Darwin ✕ Torchvision

This tutorial shows how to train an instance segmentation model on a Darwin dataset using PyTorch's Torchvsion and darwin-py. If you don't have PyTorch or Torchvision installed yet, please follow first these installation instructions.

Now, using darwin-py's CLI, we will pull the dataset from Darwin and create train, validation, and test partitions.

darwin dataset pull v7-demo/bird-species
darwin dataset split v7-demo/bird-species --val-percentage 10 --test-percentage 20

Next, in Python, we will start by importing some torchvision and darwin-py functions, and by defining the function get_instance_segmentation_model that we will use to instantiate a Mask-RCNN model using Torchvision's API.

import torch
import torchvision
from torchvision.models.detection.faster_rcnn import FastRCNNPredictor
from torchvision.models.detection.mask_rcnn import MaskRCNNPredictor

from darwin.torch import get_dataset
import darwin.torch.transforms as T


def collate_fn(batch):
    return tuple(zip(*batch))

def get_instance_segmentation_model(num_classes):
    # load an instance segmentation model pre-trained on COCO
    model = torchvision.models.detection.maskrcnn_resnet50_fpn(pretrained=True)

    # add a new bounding box predictor
    in_features = model.roi_heads.box_predictor.cls_score.in_features
    model.roi_heads.box_predictor = FastRCNNPredictor(in_features, num_classes)

    # add a new mask predictor
    in_features_mask = model.roi_heads.mask_predictor.conv5_mask.in_channels
    hidden_layer = 256
    model.roi_heads.mask_predictor = MaskRCNNPredictor(in_features_mask,
                                                       hidden_layer,
                                                       num_classes)
    return model

Then, we will load the dataset using darwin-py's get_dataset function, specifying the dataset slug, the dataset type (in this case we need an instance-segmentation dataset), and the train partition. The dataset that we get back can be used directly into Pytorch's standard DataLoader.

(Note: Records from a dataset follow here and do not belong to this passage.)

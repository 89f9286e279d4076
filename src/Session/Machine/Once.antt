-- ===== src/Session/Machine/Once.antt =====
-- A session tears its room down at most once, whichever of the four ways of ending it meet.
use keycard.Prelude.{
  ℕ, ◌+◌, ◌≤◌, String, Bool, true, false, Option, none, some, List, arith, ◌≡◌, count_if,
}
use keycard.Kept.{KeptRooms}
use keycard.Session.Types.{
  Session, Effect, Pump, Teardown, destroys, unstarted, scheduled, opening, pausing, new_session,
}
use keycard.Session.Tasks.Channel.{connection_made}
use keycard.Session.Machine.{Event, step, run, others}
use keycard.Session.Machine.Frame.{Frame, is_waiting, is_hang_up, step_keeps, run_keeps}

abbrev pub is_destroys : Effect → Bool
is_destroys (destroys r) = true
is_destroys _ = false

-- What may still lead to a call of `destroy`: a pump that may yet open a room, a room that is held,
-- a pause that may yet fail.
abbrev pump_weight : Pump → ℕ
pump_weight unstarted = 1
pump_weight scheduled = 1
pump_weight (opening found) = 1
pump_weight _ = 0

abbrev room_weight : Option ℕ → ℕ
room_weight none = 0
room_weight (some r) = 1

abbrev pause_weight : Teardown → ℕ
pause_weight (pausing r) = 1
pause_weight _ = 0

abbrev Once : Session → Type 0
Once s =
    count_if is_destroys s.effects
      + pump_weight s.pump
      + room_weight s.room
      + pause_weight s.teardown
    ≤ 1

Frame-Once : (k : Bool) (s t : Session) → Frame k s t → Once s → Once t
Frame-Once k s t f h = ground (arith, f.effects, f.pump, f.room, f.teardown)

module _ (can_pause : ℕ → Bool) where
  other-Once :
      (e : Event) → is_waiting e ≡ false → (s : Session) → Once s → Once (step can_pause e s)
  unfolding step
  other-Once (others move) w s h = h
  other-Once _ w s h = ground arith

  run-Once : (es : List Event) (s : Session) → Once s → Once (run can_pause es s)
  run-Once =
      run_keeps can_pause Once
        λ e. step_keeps can_pause Once e (Frame-Once (is_hang_up e)) (other-Once e)

  -- Whatever the order in which a session's room opens, its shell exits, its client hangs up, the
  -- reaper fires and a shutdown drains it, and whatever fails or is cancelled on the way, the
  -- session calls `destroy` on its room at most once.
  pub destroyed_once :
      (idle now : ℕ) (username : String) (kept : Option KeptRooms) (es : List Event)
      → count_if is_destroys
          (run can_pause es (connection_made (new_session idle username kept now))).effects
        ≤ 1
  unfolding connection_made new_session
  destroyed_once idle now username kept es =
      let s = connection_made (new_session idle username kept now) in
      let h : Once (run can_pause es s) = run-Once es s (omega arith) in omega arith
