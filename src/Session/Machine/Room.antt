-- ===== src/Session/Machine/Room.antt =====
-- The calls that a session makes on its room: the life of the room as a specification, and that the
-- session keeps to it.
use keycard.Prelude.{
  ℕ, String, Bool, true, false, ◌&&◌, ◌||◌, ◌==◌, ◌≡◌, ◌⊎◌, refl, Option, none, some, List, [], ◌∷◌,
  arith,
}
use keycard.Kept.{KeptRooms}
use keycard.Session.Types.{
  Session, Effect, Pump, Teardown, destroys, pauses, unstarted, scheduled, opening, late_checkout,
  pausing, destroying, new_session,
}
use keycard.Session.Tasks.Channel.{connection_made}
use keycard.Session.Machine.{Event, step, run, others}
use keycard.Session.Machine.Frame.{Frame, is_waiting, is_hang_up, step_keeps, run_keeps}

-- The life of the room. `vacant` is before there is one, `over` when there is nothing left to do.
pub data Life : Type 0 where
  vacant over : Life
  housed freezing closing : ℕ → Life

-- Where the room of a session stands.
abbrev pub life : Pump → Teardown → Option ℕ → Life
life unstarted t room = vacant
life scheduled t room = vacant
life (opening found) t room = vacant
life (late_checkout r) t room = closing r
life _ (pausing r) room = freezing r
life _ (destroying r) room = closing r
life _ _ (some r) = housed r
life _ _ none = over

-- The calls on rooms among the effects, latest first.
abbrev pub room_calls : List Effect → List Effect
room_calls [] = []
room_calls (destroys r ∷ es) = destroys r ∷ room_calls es
room_calls (pauses r ∷ es) = pauses r ∷ room_calls es
room_calls (_ ∷ es) = room_calls es

-- The calls of a life that is over: none, a destroy, a pause, or a pause and then a destroy of the
-- same room.
abbrev pub is_complete : List Effect → Bool
is_complete [] = true
is_complete (destroys r ∷ []) = true
is_complete (pauses r ∷ []) = true
is_complete (destroys r ∷ pauses q ∷ []) = r == q
is_complete _ = false

-- The calls that lead to a place in the life.
abbrev pub LeadsTo : Life → List Effect → Type 0
LeadsTo vacant calls = calls ≡ []
LeadsTo (housed r) calls = calls ≡ []
LeadsTo (freezing r) calls = calls ≡ pauses r ∷ []
LeadsTo (closing r) calls = (calls ≡ destroys r ∷ []) ⊎ (calls ≡ destroys r ∷ pauses r ∷ [])
LeadsTo over calls = is_complete calls ≡ true

abbrev is_early : Pump → Bool
is_early unstarted = true
is_early scheduled = true
is_early (opening found) = true
is_early (late_checkout r) = true
is_early _ = false

abbrev is_busy : Teardown → Bool
is_busy (pausing r) = true
is_busy (destroying r) = true
is_busy _ = false

abbrev is_held : Option ℕ → Bool
is_held none = false
is_held (some r) = true

record OneRoom (s : Session) : Type 0 where
  apart : is_early s.pump && (is_busy s.teardown || is_held s.room) ≡ false
  taken : is_busy s.teardown && is_held s.room ≡ false
  calls : LeadsTo (life s.pump s.teardown s.room) (room_calls s.effects)

Frame-OneRoom : (k : Bool) (s t : Session) → Frame k s t → OneRoom s → OneRoom t
Frame-OneRoom k s t f h = ground (arith, f.effects, f.pump, f.room, f.teardown)

module _ (can_pause : ℕ → Bool) where
  other-OneRoom :
      (e : Event) → is_waiting e ≡ false → (s : Session) → OneRoom s → OneRoom (step can_pause e s)
  unfolding step
  other-OneRoom (others move) w s h = record { apart = h.apart; taken = h.taken; calls = h.calls }
  other-OneRoom _ w s h = ground arith

  -- Whatever happens to a session, and in whatever order, the calls it has made on rooms are those
  -- that lead to where its room stands: none before there is a room and while it is held, one
  -- pause while it is frozen, a destroy, perhaps behind a pause of the same room that failed,
  -- while it is closed, and one of these or nothing when its life is over.
  pub session_keeps_to_life :
      (idle now : ℕ) (username : String) (kept : Option KeptRooms) (es : List Event)
      → let s = run can_pause es (connection_made (new_session idle username kept now)) in
        LeadsTo (life s.pump s.teardown s.room) (room_calls s.effects)
  unfolding connection_made new_session
  session_keeps_to_life idle now username kept es =
      (run_keeps can_pause OneRoom
        (λ e. step_keeps can_pause OneRoom e (Frame-OneRoom (is_hang_up e)) (other-OneRoom e)) es
        (connection_made (new_session idle username kept now))
        (record { apart = refl; taken = refl; calls = refl })).calls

trfs_train = T.Compose([T.RandomHorizontalFlip(), T.ToTensor()])
dataset = get_dataset("v7-demo/bird-species", dataset_type="instance-segmentation",
                      partition="train", split_type="stratified", transform=trfs_train)
data_loader = torch.utils.data.DataLoader(dataset, batch_size=2, shuffle=True, num_workers=4, collate_fn=collate_fn)

Next, we instantiate the instance segmentation model and define the optimizer and the learning rate scheduler.

device = torch.device('cuda') if torch.cuda.is_available() else torch.device('cpu')

# get the model using our helper function
num_classes = dataset.num_classes + 1 # number of classes in the dataset + background
model = get_instance_segmentation_model(num_classes)
model.to(device)

# construct an optimizer
params = [p for p in model.parameters() if p.requires_grad]
optimizer = torch.optim.SGD(params, lr=0.0001, momentum=0.9, weight_decay=0.0005)
# and a learning rate scheduler
lr_scheduler = torch.optim.lr_scheduler.StepLR(optimizer, step_size=3, gamma=0.1)

And finally, we write our training loop and train the model for 10 full epochs.

# let's train it for 10 epochs
for epoch in range(10):
    # train for one epoch, printing every 10 iterations
    print(f"Starting epoch {epoch}...")
    acumm_loss = 0
    for i, (images, targets) in enumerate(data_loader):
        images = list(image.to(device) for image in images)
        targets = [{k: v.to(device) for k, v in t.items() if isinstance(v, torch.Tensor)} for t in targets]

        loss_dict = model(images, targets)
        losses = sum(loss for loss in loss_dict.values())

        optimizer.zero_grad()
        losses.backward()
        optimizer.step()
        acumm_loss += losses.cpu().item()
        if i % 10 == 0:
            print(f"({i}/{len(data_loader)}) Loss: {acumm_loss/10}")
            acumm_loss = 0

    lr_scheduler.step()

Now that your model is trained, you can evaluate the model's performance using your own evaluation functions.